Please do second and third step and make sure that added zone really works.
Comment 10 Xiyang Dong 2014-02-19 20:11:02 UTC 
Second and third step added:

::::::::::::::::::::::::::::::::::::::::::::::::::::::::::::::::::::::::::::::::
:: [   LOG    ] :: bz962815 - Serving reverse zones for private ranges requires manual change in named.conf
::::::::::::::::::::::::::::::::::::::::::::::::::::::::::::::::::::::::::::::::

:: [ 15:02:32 ] ::  execute expect file: /tmp/kinit.18068.exp

set timeout 30
set force_conservative 0 
set send_slow {1 .001} 
spawn /usr/bin/kinit -V admin
expect Password for *
send -s -- Secret123\r
expect eof 
spawn /usr/bin/kinit -V admin
SUsing existing cache: persistent:0:0
Using principal: admin
ecrePassword for admin: 
Authenticated to Kerberos v5
Default principal: admin
:: [ 15:02:33 ] ::  Success: kinit as [admin] with password [Secret123] was successful.

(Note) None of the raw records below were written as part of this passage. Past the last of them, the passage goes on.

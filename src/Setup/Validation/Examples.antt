-- ===== src/Setup/Validation/Examples.antt =====
-- Drafts that are refused and taken.
use crmtsi_app.Common.{◌≡◌, refl, some, [], ◌∷◌, err, codes, string, other}
use crmtsi_app.Setup.Validation.{
  Draft, validate_provider_config, redact_config, sanitize_error, message_of, redact_field,
  check_fields,
}

abbrev draft : Draft
draft = record {
  provider = string (codes "meta");
  config = some (
      ("graphVersion", string (codes "v19.0"))
      ∷ ("phoneNumberId", string (codes "123"))
      ∷ ("accessToken", string (codes "token"))
      ∷ []);
}

redacts-token :
    (redact_config draft).config
    ≡ some (
        ("graphVersion", string (codes "v19.0"))
        ∷ ("phoneNumberId", string (codes "123"))
        ∷ ("accessToken", string (codes "[REDACTED]"))
        ∷ [])
unfolding redact_config redact_field
redacts-token = refl

refuses-name :
    validate_provider_config (some (record draft { provider = other }))
    ≡ err "PROVIDER_NOT_ALLOWLISTED"
unfolding validate_provider_config check_fields
refuses-name = refl

hides-unknown : sanitize_error "relation does not exist" ≡ "Invalid provider configuration"
unfolding sanitize_error message_of
hides-unknown = refl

:: [   PASS   ] :: Kinit as admin user (Expected 0, got 0)
  Zone name: 8.b.d.0.1.0.0.2.ip6.arpa
  Authoritative nameserver: 70master.testrelm.com.
  Administrator e-mail address: hostmaster.8.b.d.0.1.0.0.2.ip6.arpa.
  SOA serial: 1392840155
  SOA refresh: 3600
  SOA retry: 900
  SOA expire: 1209600
  SOA minimum: 3600
  BIND update policy: grant TESTRELM.COM krb5-subdomain 8.b.d.0.1.0.0.2.ip6.arpa PTR;
  Active zone: TRUE
  Dynamic update: FALSE
  Allow query: any;
  Allow transfer: none;
:: [   PASS   ] :: Add test reverse zone (Expected 0, got 0)

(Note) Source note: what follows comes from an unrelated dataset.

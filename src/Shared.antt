-- ===== src/Shared.antt =====
-- The services under modules/shared/.
pub mod Idempotency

  Record name: 1.0.0.0.0.0.0.0.0.0.0.0.0.0.0.0.0.0.0.0.0.0.0.0
  PTR record: test.example.com.
:: [   PASS   ] :: Adding arbitrary record to the reverse zone (Expected 0, got 0)
1.0.0.0.0.0.0.0.0.0.0.0.0.0.0.0.0.0.0.0.0.0.0.0.8.b.d.0.1.0.0.2.ip6.arpa. 86400	IN PTR test.example.com.

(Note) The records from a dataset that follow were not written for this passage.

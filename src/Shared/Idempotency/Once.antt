-- ===== src/Shared/Idempotency/Once.antt =====
-- A key that was claimed stays claimed, for the same request, with the first response.
use crmtsi_app.Common.{
  ℕ, ◌≡◌, ◌≢◌, ◌⊎◌, refl, ap, ◌∙◌, String, Bool, true, false, ◌||◌, ◌&&◌, Option, none, some, List,
  [], ◌∷◌, ◌++◌, map, Result, ok, err, str_eq, str_eq_refl, if◌then◌else◌, find_first, arith,
  eq_iff, Bool-cases, inl, inr,
}
use crmtsi_app.Shared.Idempotency.{
  Record, Scope, is_for, completed, Claim, claimed, repeated, new_record, claim_at,
  claim_idempotency, resolved, resolve_idempotency, Call, claims, resolves, step, run,
}

find_first-append :
    (s : Scope) (rows more : List Record) (r : Record)
    → find_first (is_for s) rows ≡ some r
    → find_first (is_for s) (rows ++ more) ≡ some r
find_first-append s [] more r h = cc
find_first-append s (q ∷ rows) more r h = ground (arith, find_first-append s rows more r)

resolved-is_for :
    (s t : Scope) (response : ℕ × String) (r : Record)
    → is_for s (resolved t response r) ≡ is_for s r
unfolding resolved
resolved-is_for s t response r = ground arith

find_first-resolved :
    (s t : Scope) (response : ℕ × String) (rows : List Record) (r : Record)
    → find_first (is_for s) rows ≡ some r
    → find_first (is_for s) (map (resolved t response) rows) ≡ some (resolved t response r)
find_first-resolved s t response [] r h = cc
find_first-resolved s t response (q ∷ rows) r h =
    ground (arith, resolved-is_for s t response q, find_first-resolved s t response rows r)

claim_at-rows :
    (t : Scope) (hash : String) (o : Option Record) (rows : List Record)
    → ((claim_at t hash o rows).0 ≡ rows)
      ⊎ ((claim_at t hash o rows).0 ≡ rows ++ new_record t hash ∷ [])
unfolding claim_at
claim_at-rows t hash none rows = inr refl
claim_at-rows t hash (some q) rows = inl (ground arith)

-- A claim leaves the records as they are, or adds one at the end.
claim-rows :
    (t : Scope) (hash : String) (rows : List Record)
    → ((claim_idempotency t hash rows).0 ≡ rows)
      ⊎ ((claim_idempotency t hash rows).0 ≡ rows ++ new_record t hash ∷ [])
unfolding claim_idempotency
claim-rows t hash rows = ground (arith, claim_at-rows t hash (find_first (is_for t) rows) rows)

is_for-new_record : (s : Scope) (hash : String) → is_for s (new_record s hash) ≡ true
is_for-new_record s hash =
    ground (arith, str_eq_refl s.tenant_id, str_eq_refl s.key, str_eq_refl s.operation)

find_first-concat :
    (s : Scope) (rows : List Record) (r : Record)
    → find_first (is_for s) rows ≡ none
    → is_for s r ≡ true
    → find_first (is_for s) (rows ++ r ∷ []) ≡ some r
find_first-concat s [] r h k = ground arith
find_first-concat s (q ∷ rows) r h k = ground (arith, find_first-concat s rows r)

-- What a claim of a scope that has a record answers.
claim_known :
    (s : Scope) (hash : String) (rows : List Record) (q : Record)
    → (str_eq s.tenant_id "" || str_eq s.key "" || str_eq s.operation "") ≡ false
    → find_first (is_for s) rows ≡ some q
    → (claim_idempotency s hash rows).1
      ≡ (if str_eq q.request_hash hash then ok (repeated q) else err "IDEMPOTENCY_CONFLICT")
unfolding claim_idempotency claim_at
claim_known s hash rows q given f = ground (arith, given, f)

abbrev is_absent : Scope → Bool
is_absent s = str_eq s.tenant_id "" || str_eq s.key "" || str_eq s.operation ""

claim_at-claimed :
    (s : Scope) (hash : String) (rows : List Record) (o : Option Record)
    → (claim_at s hash o rows).1 ≡ ok claimed
    → (o ≡ none) × ((claim_at s hash o rows).0 ≡ rows ++ new_record s hash ∷ [])
unfolding claim_at
claim_at-claimed s hash rows none e = (refl, refl)
claim_at-claimed s hash rows (some q) e = absurd (ground (arith, e))

-- What a granted claim found and left.
claim-claimed :
    (s : Scope) (hash : String) (rows : List Record)
    → (claim_idempotency s hash rows).1 ≡ ok claimed
    → (is_absent s ≡ false)
      × (find_first (is_for s) rows ≡ none)
      × ((claim_idempotency s hash rows).0 ≡ rows ++ new_record s hash ∷ [])
unfolding claim_idempotency
claim-claimed s hash rows e = elim (Bool-cases (is_absent s)) [
  | inl absent ↦ absurd (ground (arith, e, absent))
  | inr given ↦
      let (unknown, added) =
        claim_at-claimed s hash rows (find_first (is_for s) rows) (ground (arith, e, given)) in
      (given, unknown, ground (arith, given, added))
]

abbrev same_scope : Scope → Scope → Bool
same_scope t s =
    str_eq s.tenant_id t.tenant_id && str_eq s.key t.key && str_eq s.operation t.operation

-- The first response that calls give for a scope.
unfoldable pub first_response : Scope → List Call → Option (ℕ × String)
first_response s [] = none
first_response s (claims t hash ∷ calls) = first_response s calls
first_response s (resolves t response ∷ calls) =
    let rest = first_response s calls in if same_scope t s then some response else rest

-- The record of a granted claim, before and after its response.
abbrev pub answered : Scope → String → Option (ℕ × String) → Record
answered s hash none = new_record s hash
answered s hash (some response) = record (new_record s hash) {
  status = completed;
  response = some response;
}

abbrev or_first : Option (ℕ × String) → Option (ℕ × String) → Option (ℕ × String)
or_first none o = o
or_first (some r) o = some r

step_resolves :
    (s t : Scope) (hash : String) (response : ℕ × String) (o : Option (ℕ × String))
    → resolved t response (answered s hash o)
      ≡ answered s hash (or_first o (if same_scope t s then some response else none))
unfolding resolved
step_resolves s t hash response none = elim (Bool-cases (same_scope t s)) [
  | inl same ↦ rw same refl
  | inr other ↦ rw other refl
]
step_resolves s t hash response (some r) = elim (Bool-cases (same_scope t s)) [
  | inl same ↦ rw same refl
  | inr other ↦ rw other refl
]

step-claims :
    (s t : Scope) (hash : String) (rows : List Record) (r : Record)
    → find_first (is_for s) rows ≡ some r
    → find_first (is_for s) (step (claims t hash) rows) ≡ some r
unfolding step
step-claims s t hash rows r f = elim (claim-rows t hash rows) [
  | inl same ↦ ap (find_first (is_for s)) same ∙ f
  | inr more ↦
      ap (find_first (is_for s)) more ∙ find_first-append s rows (new_record t hash ∷ []) r f
]

or_first_assoc :
    (s t : Scope) (response : ℕ × String) (o : Option (ℕ × String)) (calls : List Call)
    → or_first
        (or_first o (if same_scope t s then some response else none))
        (first_response s calls)
      ≡ or_first o (first_response s (resolves t response ∷ calls))
unfolding first_response
or_first_assoc s t response (some r) calls = refl
or_first_assoc s t response none calls = elim (Bool-cases (same_scope t s)) [
  | inl same ↦ rw same refl
  | inr other ↦ rw other refl
]

-- Whatever calls follow, the record of the scope has the first response that they give.
run-answered :
    (s : Scope) (hash : String) (calls : List Call) (rows : List Record) (o : Option (ℕ × String))
    → find_first (is_for s) rows ≡ some (answered s hash o)
    → find_first (is_for s) (run rows calls)
      ≡ some (answered s hash (or_first o (first_response s calls)))
unfolding run first_response
run-answered s hash [] rows none f = f
run-answered s hash [] rows (some r) f = f
run-answered s hash (claims t other ∷ calls) rows o f =
    run-answered s hash calls (step (claims t other) rows) o
      (step-claims s t other rows (answered s hash o) f)
run-answered s hash (resolves t response ∷ calls) rows o f =
    run-answered s hash calls (step (resolves t response) rows)
      (or_first o (if same_scope t s then some response else none))
      (unfold step resolve_idempotency in
        (find_first-resolved s t response rows (answered s hash o) f
          ∙ ap some (step_resolves s t hash response o)))
    ∙ ap (λ p. some (answered s hash p)) (or_first_assoc s t response o calls)

answered-request :
    (s : Scope) (hash : String) (o : Option (ℕ × String)) → (answered s hash o).request_hash ≡ hash
answered-request s hash none = refl
answered-request s hash (some r) = refl

known_answer :
    (q : Record) (hash again : String)
    → q.request_hash ≡ hash
    → let answer =
        ◌≡◌ {A = Result Claim}
          (if str_eq q.request_hash again then ok (repeated q) else err "IDEMPOTENCY_CONFLICT") in
      ((again ≡ hash) × answer (ok (repeated q)))
      ⊎ ((again ≢ hash) × answer (err "IDEMPOTENCY_CONFLICT"))
known_answer q hash again e = ground (arith, e, eq_iff q.request_hash again)

-- A claim that was granted is granted once: after any calls, a claim of the same scope that makes the
-- same request is answered by the record of the first one, with the first response that the calls
-- gave for the scope, or still in progress where they gave none, and a claim that makes another
-- request is refused.
pub claim_idempotency_once :
    (s : Scope) (hash again : String) (rows : List Record) (calls : List Call)
    → (claim_idempotency s hash rows).1 ≡ ok claimed
    → let answer = (claim_idempotency s again (run (claim_idempotency s hash rows).0 calls)).1 in
      ((again ≡ hash) × (answer ≡ ok (repeated (answered s hash (first_response s calls)))))
      ⊎ ((again ≢ hash) × (answer ≡ err "IDEMPOTENCY_CONFLICT"))
claim_idempotency_once s hash again rows calls granted =
    let (given, unknown, added) = claim-claimed s hash rows granted in
    let q = answered s hash (first_response s calls) in
    let found = run-answered s hash calls (claim_idempotency s hash rows).0 none (
      ap (find_first (is_for s)) added
      ∙ find_first-concat s rows (new_record s hash) unknown (is_for-new_record s hash)) in
    let told = claim_known s again (run (claim_idempotency s hash rows).0 calls) q given found in
    elim (known_answer q hash again (answered-request s hash (first_response s calls))) [
      | inl same ↦ inl (same.0, told ∙ same.1)
      | inr differs ↦ inr (differs.0, told ∙ differs.1)
    ]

:: [   PASS   ] :: verify that digging the IP addr has expected PTR record (Expected 0, got 0)
Feb 19 15:02:34 70master named[26911]: zone 8.b.d.0.1.0.0.2.ip6.arpa/IN: loaded serial 1392840154
:: [   PASS   ] :: Make sure this zone in the automatic empty zones is loaded after added to IPA DNS (Expected 0, got 0)
-------------------------------------------
Deleted DNS zone "8.b.d.0.1.0.0.2.ip6.arpa"
-------------------------------------------
:: [   PASS   ] :: Delete test reverse zone (Expected 0, got 0)
Comment 11 Ludek Smid 2014-06-13 11:25:15 UTC 
This request was resolved in Red Hat Enterprise Linux 7.0.

Contact your manager or support representative in case you have further questions about the request.